MATERIAL FOR THE TASK Block Start
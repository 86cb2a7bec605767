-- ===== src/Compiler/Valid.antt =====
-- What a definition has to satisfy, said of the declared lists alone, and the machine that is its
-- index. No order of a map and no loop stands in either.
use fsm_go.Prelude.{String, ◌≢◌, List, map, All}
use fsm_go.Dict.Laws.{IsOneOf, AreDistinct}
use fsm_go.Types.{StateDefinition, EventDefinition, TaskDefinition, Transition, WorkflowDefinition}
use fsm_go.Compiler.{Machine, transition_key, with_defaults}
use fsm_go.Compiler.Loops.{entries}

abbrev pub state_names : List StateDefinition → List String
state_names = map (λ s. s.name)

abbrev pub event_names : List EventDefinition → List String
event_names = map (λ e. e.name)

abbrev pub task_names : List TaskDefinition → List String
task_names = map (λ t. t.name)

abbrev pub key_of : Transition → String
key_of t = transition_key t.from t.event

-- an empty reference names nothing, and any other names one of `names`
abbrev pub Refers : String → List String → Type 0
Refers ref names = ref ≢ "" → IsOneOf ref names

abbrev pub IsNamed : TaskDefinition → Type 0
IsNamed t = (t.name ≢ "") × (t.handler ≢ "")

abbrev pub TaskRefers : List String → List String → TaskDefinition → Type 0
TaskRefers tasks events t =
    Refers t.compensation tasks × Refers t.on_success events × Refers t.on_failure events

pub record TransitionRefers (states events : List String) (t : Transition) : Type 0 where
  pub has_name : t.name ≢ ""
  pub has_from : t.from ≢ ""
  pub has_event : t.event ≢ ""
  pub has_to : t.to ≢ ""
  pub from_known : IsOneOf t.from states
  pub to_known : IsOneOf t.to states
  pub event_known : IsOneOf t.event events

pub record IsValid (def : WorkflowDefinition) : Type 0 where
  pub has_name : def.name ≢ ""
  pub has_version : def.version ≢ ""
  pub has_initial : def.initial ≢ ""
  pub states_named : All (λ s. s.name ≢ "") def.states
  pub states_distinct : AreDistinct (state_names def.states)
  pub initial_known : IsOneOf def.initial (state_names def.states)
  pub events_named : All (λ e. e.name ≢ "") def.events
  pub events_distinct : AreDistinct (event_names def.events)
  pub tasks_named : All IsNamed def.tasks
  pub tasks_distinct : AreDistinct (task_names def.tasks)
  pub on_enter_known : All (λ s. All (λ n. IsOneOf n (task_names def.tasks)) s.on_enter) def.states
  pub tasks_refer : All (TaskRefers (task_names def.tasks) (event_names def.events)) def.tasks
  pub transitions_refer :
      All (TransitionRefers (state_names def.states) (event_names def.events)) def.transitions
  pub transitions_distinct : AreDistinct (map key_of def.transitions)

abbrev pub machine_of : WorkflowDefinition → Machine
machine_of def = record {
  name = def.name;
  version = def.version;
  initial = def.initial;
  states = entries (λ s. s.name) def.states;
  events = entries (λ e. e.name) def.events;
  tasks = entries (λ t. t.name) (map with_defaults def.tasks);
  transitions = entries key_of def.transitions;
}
MATERIAL FOR THE TASK Block End
* PROMPT
From the first line to the last, return the listing exactly.

* TASK RESPONSE
repository 86cb2a7bec605767
-- ===== src/Compiler/Valid.antt =====
-- What a definition has to satisfy, said of the declared lists alone, and the machine that is its
-- index. No order of a map and no loop stands in either.
use fsm_go.Prelude.{String, ◌≢◌, List, map, All}
use fsm_go.Dict.Laws.{IsOneOf, AreDistinct}
use fsm_go.Types.{StateDefinition, EventDefinition, TaskDefinition, Transition, WorkflowDefinition}
use fsm_go.Compiler.{Machine, transition_key, with_defaults}
use fsm_go.Compiler.Loops.{entries}

abbrev pub state_names : List StateDefinition → List String
state_names = map (λ s. s.name)

abbrev pub event_names : List EventDefinition → List String
event_names = map (λ e. e.name)

abbrev pub task_names : List TaskDefinition → List String
task_names = map (λ t. t.name)

abbrev pub key_of : Transition → String
key_of t = transition_key t.from t.event

-- an empty reference names nothing, and any other names one of `names`
abbrev pub Refers : String → List String → Type 0
Refers ref names = ref ≢ "" → IsOneOf ref names

abbrev pub IsNamed : TaskDefinition → Type 0
IsNamed t = (t.name ≢ "") × (t.handler ≢ "")

abbrev pub TaskRefers : List String → List String → TaskDefinition → Type 0
TaskRefers tasks events t =
    Refers t.compensation tasks × Refers t.on_success events × Refers t.on_failure events

pub record TransitionRefers (states events : List String) (t : Transition) : Type 0 where
  pub has_name : t.name ≢ ""
  pub has_from : t.from ≢ ""
  pub has_event : t.event ≢ ""
  pub has_to : t.to ≢ ""
  pub from_known : IsOneOf t.from states
  pub to_known : IsOneOf t.to states
  pub event_known : IsOneOf t.event events

pub record IsValid (def : WorkflowDefinition) : Type 0 where
  pub has_name : def.name ≢ ""
  pub has_version : def.version ≢ ""
  pub has_initial : def.initial ≢ ""
  pub states_named : All (λ s. s.name ≢ "") def.states
  pub states_distinct : AreDistinct (state_names def.states)
  pub initial_known : IsOneOf def.initial (state_names def.states)
  pub events_named : All (λ e. e.name ≢ "") def.events
  pub events_distinct : AreDistinct (event_names def.events)
  pub tasks_named : All IsNamed def.tasks
  pub tasks_distinct : AreDistinct (task_names def.tasks)
  pub on_enter_known : All (λ s. All (λ n. IsOneOf n (task_names def.tasks)) s.on_enter) def.states
  pub tasks_refer : All (TaskRefers (task_names def.tasks) (event_names def.events)) def.tasks
  pub transitions_refer :
      All (TransitionRefers (state_names def.states) (event_names def.events)) def.transitions
  pub transitions_distinct : AreDistinct (map key_of def.transitions)

abbrev pub machine_of : WorkflowDefinition → Machine
machine_of def = record {
  name = def.name;
  version = def.version;
  initial = def.initial;
  states = entries (λ s. s.name) def.states;
  events = entries (λ e. e.name) def.events;
  tasks = entries (λ t. t.name) (map with_defaults def.tasks);
  transitions = entries key_of def.transitions;
}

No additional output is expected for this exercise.